Tudo funcionou como eu imaginara. Um dia depois que havia chegado a Portugal, recebi mensagens que minha mãe estava desesperada a minha procura. Então pedi que contassem que eu tinha partido pra Portugal, que não podia contar, pois ela com certeza tentaria impedir minha partida alegando que aquela viagem era tudo uma cilada, que eles queriam roubar os meus órgãos e tudo o mais.  Fato é que ela diria mesmo isto. Eu me encontrando já em Portugal, ela não tinha como me jogar suas teorias desenvolvidas baseadas nas novelas da Globo.    
Bem, o livro foi um sucesso de crítica e de vendas e todo mundo conhece o resto da história. Voltei pra casa dois meses depois, foi uma surpresa tremenda. As pessoas finalmente entenderam a minha luta, a minha importância. Somente eu era que tinha me perdido um pouco, mas eu já sabia que iria acontecer.

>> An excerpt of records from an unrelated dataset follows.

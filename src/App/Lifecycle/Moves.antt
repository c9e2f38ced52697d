-- ===== src/App/Lifecycle/Moves.antt =====
-- internal/app/lifecycle.go: the moves of the supervisors as a relation, and what a list of them does.
use sakura_nexus.Base.{
  ℕ, zero, suc, ◌≡◌, subst, Bool, true, false, none, some, List, [], ◌∷◌, arith, Option-cases, inl,
  inr,
}
use sakura_nexus.App.Lifecycle.{
  Criticality, core, degradable, Filled, Supervisor, running, waiting, failing, returned, Move,
  run_returns, fatal, woken, timer, next_backoff, supervise, move_at, Event, moves, restart, parent,
  App, step, run_events, after_move, with_supervisors, request_restart, parent_done,
}

pub data Moved (o : Filled) : Supervisor → Move → Bool → Criticality → Supervisor → Type 0 where
  stops : (b : ℕ) (crit : Criticality) → Moved o (running b) run_returns true crit returned
  fails : (b : ℕ) → Moved o (running b) run_returns false core failing
  rests : (b : ℕ) → Moved o (running b) run_returns false degradable (waiting b)
  wakes : (b : ℕ) (crit : Criticality) → Moved o (waiting b) woken true crit returned
  resumes :
      (b elapsed : ℕ) (cancelled : Bool) (crit : Criticality)
      → Moved o (waiting b) (timer elapsed) cancelled crit (running (next_backoff o elapsed b))
  gives_up : (cancelled : Bool) (crit : Criticality) → Moved o failing fatal cancelled crit returned

some-injective : {s t : Supervisor} → some s ≡ some t → s ≡ t
some-injective h = ground (arith, h)

none-some : {t : Supervisor} → none ≡ some t → ⊥
none-some h = ground (arith, h)

pub supervise-Moved :
    (o : Filled) (s : Supervisor) (m : Move) (cancelled : Bool) (crit : Criticality)
    (t : Supervisor)
    → supervise o s m cancelled crit ≡ some t
    → Moved o s m cancelled crit t
unfolding supervise
supervise-Moved o (running b) run_returns true crit t h =
    subst (λ x. Moved o (running b) run_returns true crit x) (some-injective h) (stops b crit)
supervise-Moved o (running b) run_returns false core t h =
    subst (λ x. Moved o (running b) run_returns false core x) (some-injective h) (fails b)
supervise-Moved o (running b) run_returns false degradable t h =
    subst (λ x. Moved o (running b) run_returns false degradable x) (some-injective h) (rests b)
supervise-Moved o (running b) fatal cancelled crit t h = absurd (none-some h)
supervise-Moved o (running b) woken cancelled crit t h = absurd (none-some h)
supervise-Moved o (running b) (timer elapsed) cancelled crit t h = absurd (none-some h)
supervise-Moved o (waiting b) run_returns cancelled crit t h = absurd (none-some h)
supervise-Moved o (waiting b) fatal cancelled crit t h = absurd (none-some h)
supervise-Moved o (waiting b) woken true crit t h =
    subst (λ x. Moved o (waiting b) woken true crit x) (some-injective h) (wakes b crit)
supervise-Moved o (waiting b) woken false crit t h = absurd (none-some h)
supervise-Moved o (waiting b) (timer elapsed) cancelled crit t h =
    subst (λ x. Moved o (waiting b) (timer elapsed) cancelled crit x) (some-injective h)
      (resumes b elapsed cancelled crit)
supervise-Moved o failing run_returns cancelled crit t h = absurd (none-some h)
supervise-Moved o failing fatal cancelled crit t h =
    subst (λ x. Moved o failing fatal cancelled crit x) (some-injective h) (gives_up cancelled crit)
supervise-Moved o failing woken cancelled crit t h = absurd (none-some h)
supervise-Moved o failing (timer elapsed) cancelled crit t h = absurd (none-some h)
supervise-Moved o returned m cancelled crit t h = absurd (none-some h)

-- A move of one of the supervisors.
pub data MovedAt (o : Filled) (m : Move) (cancelled : Bool)
    : List (Criticality × Supervisor) → List (Criticality × Supervisor) → Type 0 where
  here :
      (crit : Criticality) (s t : Supervisor) (sups : List (Criticality × Supervisor))
      → Moved o s m cancelled crit t
      → MovedAt o m cancelled ((crit, s) ∷ sups) ((crit, t) ∷ sups)
  there :
      (x : Criticality × Supervisor) (sups sups' : List (Criticality × Supervisor))
      → MovedAt o m cancelled sups sups'
      → MovedAt o m cancelled (x ∷ sups) (x ∷ sups')

pub move_at-MovedAt :
    (o : Filled) (cancelled : Bool) (m : Move) (i : ℕ)
    (sups sups' : List (Criticality × Supervisor))
    → move_at o cancelled m i sups ≡ some sups'
    → MovedAt o m cancelled sups sups'
unfolding move_at
move_at-MovedAt o cancelled m i [] sups' h = absurd (ground (arith, h))
move_at-MovedAt o cancelled m zero ((crit, s) ∷ sups) sups' h =
    elim (Option-cases (supervise o s m cancelled crit)) [
      | inl bad ↦ absurd (ground (arith, bad, h))
      | inr (t, good) ↦
          subst (λ x. MovedAt o m cancelled ((crit, s) ∷ sups) x) (ground (arith, good, h))
            (here crit s t sups (supervise-Moved o s m cancelled crit t good))
    ]
move_at-MovedAt o cancelled m (suc i) (x ∷ sups) sups' h =
    elim (Option-cases (move_at o cancelled m i sups)) [
      | inl bad ↦ absurd (ground (arith, bad, h))
      | inr (rest, good) ↦
          subst (λ y. MovedAt o m cancelled (x ∷ sups) y) (ground (arith, good, h))
            (there x sups rest (move_at-MovedAt o cancelled m i sups rest good))
    ]

pub data Stepped (o : Filled) : Event → App → App → Type 0 where
  restarts : (a : App) → Stepped o restart a (request_restart a)
  parent_ends : (a : App) → Stepped o parent a (parent_done a)
  moved :
      (i : ℕ) (m : Move) (a : App) (sups : List (Criticality × Supervisor))
      → MovedAt o m a.cancelled a.supervisors sups
      → Stepped o (moves i m) a (after_move m (with_supervisors a sups))

pub app-injective : {a b : App} → some a ≡ some b → a ≡ b
app-injective h = ground (arith, h)

no_app : {b : App} → none ≡ some b → ⊥
no_app h = ground (arith, h)

pub step-Stepped : (o : Filled) (e : Event) (a b : App) → step o e a ≡ some b → Stepped o e a b
unfolding step
step-Stepped o restart a b h = subst (λ x. Stepped o restart a x) (app-injective h) (restarts a)
step-Stepped o parent a b h = subst (λ x. Stepped o parent a x) (app-injective h) (parent_ends a)
step-Stepped o (moves i m) a b h = elim (Option-cases (move_at o a.cancelled m i a.supervisors)) [
  | inl bad ↦ absurd (no_app (rw (bad, step) at h))
  | inr (sups, good) ↦
      subst (λ x. Stepped o (moves i m) a x) (app-injective (rw (good, step) at h))
        (moved i m a sups (move_at-MovedAt o a.cancelled m i a.supervisors sups good))
]

-- What every step keeps holds after a list of events.
pub run_events-keeps {ℓ} :
    (o : Filled) (P : App → Type ℓ)
    → ((e : Event) (a b : App) → Stepped o e a b → P a → P b)
    → (es : List Event) (a b : App) → run_events o es a ≡ some b
    → P a
    → P b
unfolding run_events
run_events-keeps o P keeps [] a b h p = subst P (app-injective h) p
run_events-keeps o P keeps (e ∷ es) a b h p = elim (Option-cases (step o e a)) [
  | inl bad ↦ absurd (no_app (rw (bad, run_events) at h))
  | inr (c, good) ↦
      run_events-keeps o P keeps es c b (rw (good, run_events) at h)
        (keeps e a c (step-Stepped o e a c good) p)
]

E foi assim que, depois de cinco anos de luta, eu surgi de repente como um escritor talentoso e que ganharia o mundo. Meu receio é que hoje, depois de conseguir realizar todos os meus sonhos, não encontrar mais razões pra escrever, uma vez que eu não tenho que provar mais nada pra ninguém. Pode ser que assim como Ernest Hemingway, eu acabe com o corpo que já não comporta o escritor que eu era enquanto residia na humilde casa cheia de isentos no litoral cearense. Sinto saudade daquela época e juro que penso que nunca devia ter ido tão longe. É tudo tão vazio. Mas enfim, todo bom escritor precisa ter um fim trágico, então, foda-se.